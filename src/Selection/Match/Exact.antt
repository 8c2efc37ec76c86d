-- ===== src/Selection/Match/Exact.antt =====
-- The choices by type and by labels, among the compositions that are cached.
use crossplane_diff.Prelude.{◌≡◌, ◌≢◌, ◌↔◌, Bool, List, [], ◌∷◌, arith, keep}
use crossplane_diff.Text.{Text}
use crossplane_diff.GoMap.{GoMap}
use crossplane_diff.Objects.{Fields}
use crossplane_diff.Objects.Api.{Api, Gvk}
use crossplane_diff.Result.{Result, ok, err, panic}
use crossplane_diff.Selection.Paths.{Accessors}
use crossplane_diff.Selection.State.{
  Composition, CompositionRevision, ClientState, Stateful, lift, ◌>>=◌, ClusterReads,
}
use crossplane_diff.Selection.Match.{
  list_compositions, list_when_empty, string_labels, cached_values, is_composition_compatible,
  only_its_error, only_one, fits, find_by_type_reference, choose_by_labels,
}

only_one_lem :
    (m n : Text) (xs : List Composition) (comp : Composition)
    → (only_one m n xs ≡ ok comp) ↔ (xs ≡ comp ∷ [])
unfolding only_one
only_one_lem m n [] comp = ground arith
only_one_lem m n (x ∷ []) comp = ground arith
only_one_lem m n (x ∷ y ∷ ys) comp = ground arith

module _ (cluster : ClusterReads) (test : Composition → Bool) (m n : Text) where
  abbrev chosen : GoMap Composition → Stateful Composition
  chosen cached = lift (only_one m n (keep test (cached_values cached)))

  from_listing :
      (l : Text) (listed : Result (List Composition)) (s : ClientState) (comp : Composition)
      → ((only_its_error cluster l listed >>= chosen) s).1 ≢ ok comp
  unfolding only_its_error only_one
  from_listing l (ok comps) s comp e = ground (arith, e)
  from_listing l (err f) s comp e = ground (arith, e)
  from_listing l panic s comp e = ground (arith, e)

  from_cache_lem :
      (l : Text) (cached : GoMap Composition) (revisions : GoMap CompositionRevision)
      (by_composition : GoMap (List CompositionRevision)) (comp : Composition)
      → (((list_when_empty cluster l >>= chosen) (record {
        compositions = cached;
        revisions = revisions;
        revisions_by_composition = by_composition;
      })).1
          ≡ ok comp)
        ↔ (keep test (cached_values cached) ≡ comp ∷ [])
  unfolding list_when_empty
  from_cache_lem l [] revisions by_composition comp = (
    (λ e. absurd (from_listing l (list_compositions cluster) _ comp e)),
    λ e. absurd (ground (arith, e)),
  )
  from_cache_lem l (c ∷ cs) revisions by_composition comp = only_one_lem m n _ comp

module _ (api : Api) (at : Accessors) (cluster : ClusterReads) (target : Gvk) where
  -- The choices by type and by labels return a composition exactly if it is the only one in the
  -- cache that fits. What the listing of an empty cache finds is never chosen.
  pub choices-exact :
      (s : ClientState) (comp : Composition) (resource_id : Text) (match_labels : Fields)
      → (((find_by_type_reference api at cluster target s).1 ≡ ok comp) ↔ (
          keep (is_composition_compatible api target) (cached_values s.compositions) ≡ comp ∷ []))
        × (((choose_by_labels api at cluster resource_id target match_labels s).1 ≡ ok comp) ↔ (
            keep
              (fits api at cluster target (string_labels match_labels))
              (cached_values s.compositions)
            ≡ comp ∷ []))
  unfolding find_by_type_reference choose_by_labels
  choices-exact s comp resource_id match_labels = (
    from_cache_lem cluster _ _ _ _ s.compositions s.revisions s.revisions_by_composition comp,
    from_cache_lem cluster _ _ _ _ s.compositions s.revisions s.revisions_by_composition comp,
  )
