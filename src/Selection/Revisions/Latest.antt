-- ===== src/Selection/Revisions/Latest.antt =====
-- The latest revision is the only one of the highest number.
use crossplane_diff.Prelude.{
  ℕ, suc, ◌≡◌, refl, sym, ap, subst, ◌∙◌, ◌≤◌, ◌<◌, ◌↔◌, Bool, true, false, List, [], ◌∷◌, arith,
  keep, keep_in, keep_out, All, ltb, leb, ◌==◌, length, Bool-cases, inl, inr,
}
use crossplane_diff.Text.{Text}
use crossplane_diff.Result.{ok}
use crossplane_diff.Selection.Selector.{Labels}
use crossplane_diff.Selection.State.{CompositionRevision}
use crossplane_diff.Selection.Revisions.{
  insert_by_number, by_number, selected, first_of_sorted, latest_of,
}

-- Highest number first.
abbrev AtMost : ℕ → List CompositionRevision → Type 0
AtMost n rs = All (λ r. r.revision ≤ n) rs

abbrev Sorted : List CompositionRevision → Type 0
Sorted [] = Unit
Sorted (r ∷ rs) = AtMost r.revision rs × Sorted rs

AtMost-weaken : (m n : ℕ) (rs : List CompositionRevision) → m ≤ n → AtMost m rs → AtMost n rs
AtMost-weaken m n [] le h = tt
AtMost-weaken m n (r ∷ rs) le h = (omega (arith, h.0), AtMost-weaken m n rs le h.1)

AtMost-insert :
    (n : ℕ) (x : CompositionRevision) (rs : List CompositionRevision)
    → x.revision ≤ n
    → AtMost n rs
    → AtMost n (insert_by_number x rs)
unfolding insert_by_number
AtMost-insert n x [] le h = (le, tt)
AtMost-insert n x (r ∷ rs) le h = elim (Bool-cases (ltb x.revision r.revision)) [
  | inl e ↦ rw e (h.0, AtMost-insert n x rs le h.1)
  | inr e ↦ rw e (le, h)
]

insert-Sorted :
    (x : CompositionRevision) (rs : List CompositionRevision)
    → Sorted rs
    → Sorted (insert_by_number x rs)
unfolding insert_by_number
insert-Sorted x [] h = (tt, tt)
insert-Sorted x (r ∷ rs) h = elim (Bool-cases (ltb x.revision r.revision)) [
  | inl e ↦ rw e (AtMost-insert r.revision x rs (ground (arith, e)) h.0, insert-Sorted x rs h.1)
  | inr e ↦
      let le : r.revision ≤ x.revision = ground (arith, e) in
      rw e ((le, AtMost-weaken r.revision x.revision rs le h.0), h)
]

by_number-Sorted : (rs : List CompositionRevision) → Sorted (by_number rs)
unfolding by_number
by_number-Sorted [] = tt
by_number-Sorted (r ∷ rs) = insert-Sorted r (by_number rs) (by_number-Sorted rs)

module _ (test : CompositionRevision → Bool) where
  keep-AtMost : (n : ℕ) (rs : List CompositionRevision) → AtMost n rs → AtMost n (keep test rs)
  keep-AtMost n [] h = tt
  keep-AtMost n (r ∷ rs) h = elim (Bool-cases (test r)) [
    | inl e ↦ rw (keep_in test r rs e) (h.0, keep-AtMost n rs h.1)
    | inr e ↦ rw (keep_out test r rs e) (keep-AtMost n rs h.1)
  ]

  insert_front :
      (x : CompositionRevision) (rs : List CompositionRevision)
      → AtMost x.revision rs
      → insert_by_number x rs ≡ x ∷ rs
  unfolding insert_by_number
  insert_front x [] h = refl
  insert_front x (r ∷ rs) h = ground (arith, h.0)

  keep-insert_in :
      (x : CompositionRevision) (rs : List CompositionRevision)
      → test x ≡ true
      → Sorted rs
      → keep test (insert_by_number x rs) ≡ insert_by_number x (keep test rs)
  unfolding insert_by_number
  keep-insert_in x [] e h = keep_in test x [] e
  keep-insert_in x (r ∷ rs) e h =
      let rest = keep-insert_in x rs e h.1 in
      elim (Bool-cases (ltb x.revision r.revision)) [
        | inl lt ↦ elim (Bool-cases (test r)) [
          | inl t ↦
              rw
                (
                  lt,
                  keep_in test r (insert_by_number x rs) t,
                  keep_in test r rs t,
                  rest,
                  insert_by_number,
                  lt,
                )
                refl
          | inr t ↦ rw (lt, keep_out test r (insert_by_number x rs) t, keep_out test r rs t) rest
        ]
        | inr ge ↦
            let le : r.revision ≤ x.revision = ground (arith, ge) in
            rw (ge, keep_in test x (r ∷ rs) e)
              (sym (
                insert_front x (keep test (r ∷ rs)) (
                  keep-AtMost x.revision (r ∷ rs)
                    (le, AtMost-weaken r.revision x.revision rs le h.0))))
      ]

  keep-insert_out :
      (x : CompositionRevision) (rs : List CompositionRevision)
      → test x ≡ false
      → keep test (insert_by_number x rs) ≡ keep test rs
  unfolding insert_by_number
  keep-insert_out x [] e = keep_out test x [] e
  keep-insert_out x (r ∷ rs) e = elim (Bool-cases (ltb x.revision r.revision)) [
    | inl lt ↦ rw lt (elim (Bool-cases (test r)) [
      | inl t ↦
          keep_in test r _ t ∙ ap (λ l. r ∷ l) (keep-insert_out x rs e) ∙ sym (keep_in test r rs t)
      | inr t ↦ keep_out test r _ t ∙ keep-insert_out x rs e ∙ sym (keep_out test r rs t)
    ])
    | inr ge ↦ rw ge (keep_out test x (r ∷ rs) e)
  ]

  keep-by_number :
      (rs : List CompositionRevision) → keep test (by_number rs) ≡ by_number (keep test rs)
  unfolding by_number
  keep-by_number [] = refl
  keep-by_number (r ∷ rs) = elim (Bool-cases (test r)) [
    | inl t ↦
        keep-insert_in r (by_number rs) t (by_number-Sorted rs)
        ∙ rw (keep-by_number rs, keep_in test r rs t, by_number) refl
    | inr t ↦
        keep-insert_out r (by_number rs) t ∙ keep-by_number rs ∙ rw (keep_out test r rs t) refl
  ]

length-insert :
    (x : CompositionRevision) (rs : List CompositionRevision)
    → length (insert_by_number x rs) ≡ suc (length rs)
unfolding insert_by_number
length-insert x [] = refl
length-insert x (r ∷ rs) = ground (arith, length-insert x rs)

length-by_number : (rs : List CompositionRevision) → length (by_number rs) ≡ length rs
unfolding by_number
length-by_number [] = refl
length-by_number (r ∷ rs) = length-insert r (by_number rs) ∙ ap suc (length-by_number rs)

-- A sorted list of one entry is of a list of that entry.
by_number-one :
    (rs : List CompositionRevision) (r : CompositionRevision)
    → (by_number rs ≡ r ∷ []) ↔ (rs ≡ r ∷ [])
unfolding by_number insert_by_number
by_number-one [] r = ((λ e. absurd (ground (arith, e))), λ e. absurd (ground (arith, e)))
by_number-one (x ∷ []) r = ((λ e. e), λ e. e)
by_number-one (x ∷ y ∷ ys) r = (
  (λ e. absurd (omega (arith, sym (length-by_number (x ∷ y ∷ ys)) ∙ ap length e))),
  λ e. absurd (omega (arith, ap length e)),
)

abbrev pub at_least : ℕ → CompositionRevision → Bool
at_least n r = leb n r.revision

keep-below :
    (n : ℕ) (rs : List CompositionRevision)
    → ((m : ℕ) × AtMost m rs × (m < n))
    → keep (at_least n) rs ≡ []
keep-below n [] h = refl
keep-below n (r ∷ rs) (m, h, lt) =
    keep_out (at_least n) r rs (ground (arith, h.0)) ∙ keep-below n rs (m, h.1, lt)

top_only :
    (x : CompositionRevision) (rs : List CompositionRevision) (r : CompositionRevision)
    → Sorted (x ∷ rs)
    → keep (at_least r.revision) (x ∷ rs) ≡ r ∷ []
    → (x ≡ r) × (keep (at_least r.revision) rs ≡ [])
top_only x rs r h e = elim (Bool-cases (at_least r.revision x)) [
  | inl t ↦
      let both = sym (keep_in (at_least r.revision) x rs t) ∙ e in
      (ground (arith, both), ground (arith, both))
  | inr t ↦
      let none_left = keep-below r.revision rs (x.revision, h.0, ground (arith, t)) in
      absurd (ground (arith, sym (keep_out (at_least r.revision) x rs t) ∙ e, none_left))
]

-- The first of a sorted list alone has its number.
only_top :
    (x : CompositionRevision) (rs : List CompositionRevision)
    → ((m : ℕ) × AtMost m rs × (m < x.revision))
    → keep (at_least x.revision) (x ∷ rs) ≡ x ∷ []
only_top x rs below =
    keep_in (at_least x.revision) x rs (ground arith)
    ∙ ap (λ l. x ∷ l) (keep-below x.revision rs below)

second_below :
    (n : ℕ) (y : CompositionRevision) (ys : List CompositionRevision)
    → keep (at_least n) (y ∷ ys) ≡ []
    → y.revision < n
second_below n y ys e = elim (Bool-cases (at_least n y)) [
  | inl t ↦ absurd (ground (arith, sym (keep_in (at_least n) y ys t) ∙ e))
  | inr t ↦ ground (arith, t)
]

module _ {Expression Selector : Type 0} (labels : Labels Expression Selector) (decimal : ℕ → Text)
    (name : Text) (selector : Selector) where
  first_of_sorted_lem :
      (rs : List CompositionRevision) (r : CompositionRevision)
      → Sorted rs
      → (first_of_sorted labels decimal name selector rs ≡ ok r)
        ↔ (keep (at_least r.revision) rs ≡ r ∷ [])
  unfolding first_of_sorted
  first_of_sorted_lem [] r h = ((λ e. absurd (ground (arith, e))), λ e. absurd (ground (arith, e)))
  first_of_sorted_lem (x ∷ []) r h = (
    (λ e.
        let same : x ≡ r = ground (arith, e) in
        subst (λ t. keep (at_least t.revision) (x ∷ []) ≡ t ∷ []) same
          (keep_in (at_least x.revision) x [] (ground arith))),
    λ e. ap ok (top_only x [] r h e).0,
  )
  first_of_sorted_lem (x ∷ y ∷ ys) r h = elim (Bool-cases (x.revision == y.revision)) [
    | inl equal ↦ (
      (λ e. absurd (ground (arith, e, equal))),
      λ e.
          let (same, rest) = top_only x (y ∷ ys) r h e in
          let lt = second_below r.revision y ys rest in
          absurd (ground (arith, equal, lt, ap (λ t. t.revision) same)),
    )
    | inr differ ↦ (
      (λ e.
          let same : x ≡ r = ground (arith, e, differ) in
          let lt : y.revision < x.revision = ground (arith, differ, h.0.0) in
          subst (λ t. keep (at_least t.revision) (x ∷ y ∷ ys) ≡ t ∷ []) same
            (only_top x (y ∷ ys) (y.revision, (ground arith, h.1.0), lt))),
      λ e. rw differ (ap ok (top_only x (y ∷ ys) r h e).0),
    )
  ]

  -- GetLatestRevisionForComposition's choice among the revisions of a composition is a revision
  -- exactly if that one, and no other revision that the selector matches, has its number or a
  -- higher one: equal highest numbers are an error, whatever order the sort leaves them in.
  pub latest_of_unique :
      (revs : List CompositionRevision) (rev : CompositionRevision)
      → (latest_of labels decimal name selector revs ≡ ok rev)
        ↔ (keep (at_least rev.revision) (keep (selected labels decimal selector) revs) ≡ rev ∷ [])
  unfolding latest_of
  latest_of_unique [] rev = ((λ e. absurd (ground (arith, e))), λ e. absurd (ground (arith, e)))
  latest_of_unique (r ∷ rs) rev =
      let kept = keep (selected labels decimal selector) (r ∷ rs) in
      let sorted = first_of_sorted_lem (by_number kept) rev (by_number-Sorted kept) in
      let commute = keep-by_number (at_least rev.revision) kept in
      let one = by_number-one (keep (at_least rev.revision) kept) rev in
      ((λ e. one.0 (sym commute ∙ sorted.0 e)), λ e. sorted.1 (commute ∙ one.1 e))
--- --- ---
An exact, complete copy of the lines above from the one with "(m n : Text) (xs" through the one with "(((find_by_type_reference api at" is the whole answer.

_OUTPUT FOR THIS EXERCISE_
    (m n : Text) (xs : List Composition) (comp : Composition)
    → (only_one m n xs ≡ ok comp) ↔ (xs ≡ comp ∷ [])
unfolding only_one
only_one_lem m n [] comp = ground arith
only_one_lem m n (x ∷ []) comp = ground arith
only_one_lem m n (x ∷ y ∷ ys) comp = ground arith

module _ (cluster : ClusterReads) (test : Composition → Bool) (m n : Text) where
  abbrev chosen : GoMap Composition → Stateful Composition
  chosen cached = lift (only_one m n (keep test (cached_values cached)))

  from_listing :
      (l : Text) (listed : Result (List Composition)) (s : ClientState) (comp : Composition)
      → ((only_its_error cluster l listed >>= chosen) s).1 ≢ ok comp
  unfolding only_its_error only_one
  from_listing l (ok comps) s comp e = ground (arith, e)
  from_listing l (err f) s comp e = ground (arith, e)
  from_listing l panic s comp e = ground (arith, e)

  from_cache_lem :
      (l : Text) (cached : GoMap Composition) (revisions : GoMap CompositionRevision)
      (by_composition : GoMap (List CompositionRevision)) (comp : Composition)
      → (((list_when_empty cluster l >>= chosen) (record {
        compositions = cached;
        revisions = revisions;
        revisions_by_composition = by_composition;
      })).1
          ≡ ok comp)
        ↔ (keep test (cached_values cached) ≡ comp ∷ [])
  unfolding list_when_empty
  from_cache_lem l [] revisions by_composition comp = (
    (λ e. absurd (from_listing l (list_compositions cluster) _ comp e)),
    λ e. absurd (ground (arith, e)),
  )
  from_cache_lem l (c ∷ cs) revisions by_composition comp = only_one_lem m n _ comp

module _ (api : Api) (at : Accessors) (cluster : ClusterReads) (target : Gvk) where
  -- The choices by type and by labels return a composition exactly if it is the only one in the
  -- cache that fits. What the listing of an empty cache finds is never chosen.
  pub choices-exact :
      (s : ClientState) (comp : Composition) (resource_id : Text) (match_labels : Fields)
      → (((find_by_type_reference api at cluster target s).1 ≡ ok comp) ↔ (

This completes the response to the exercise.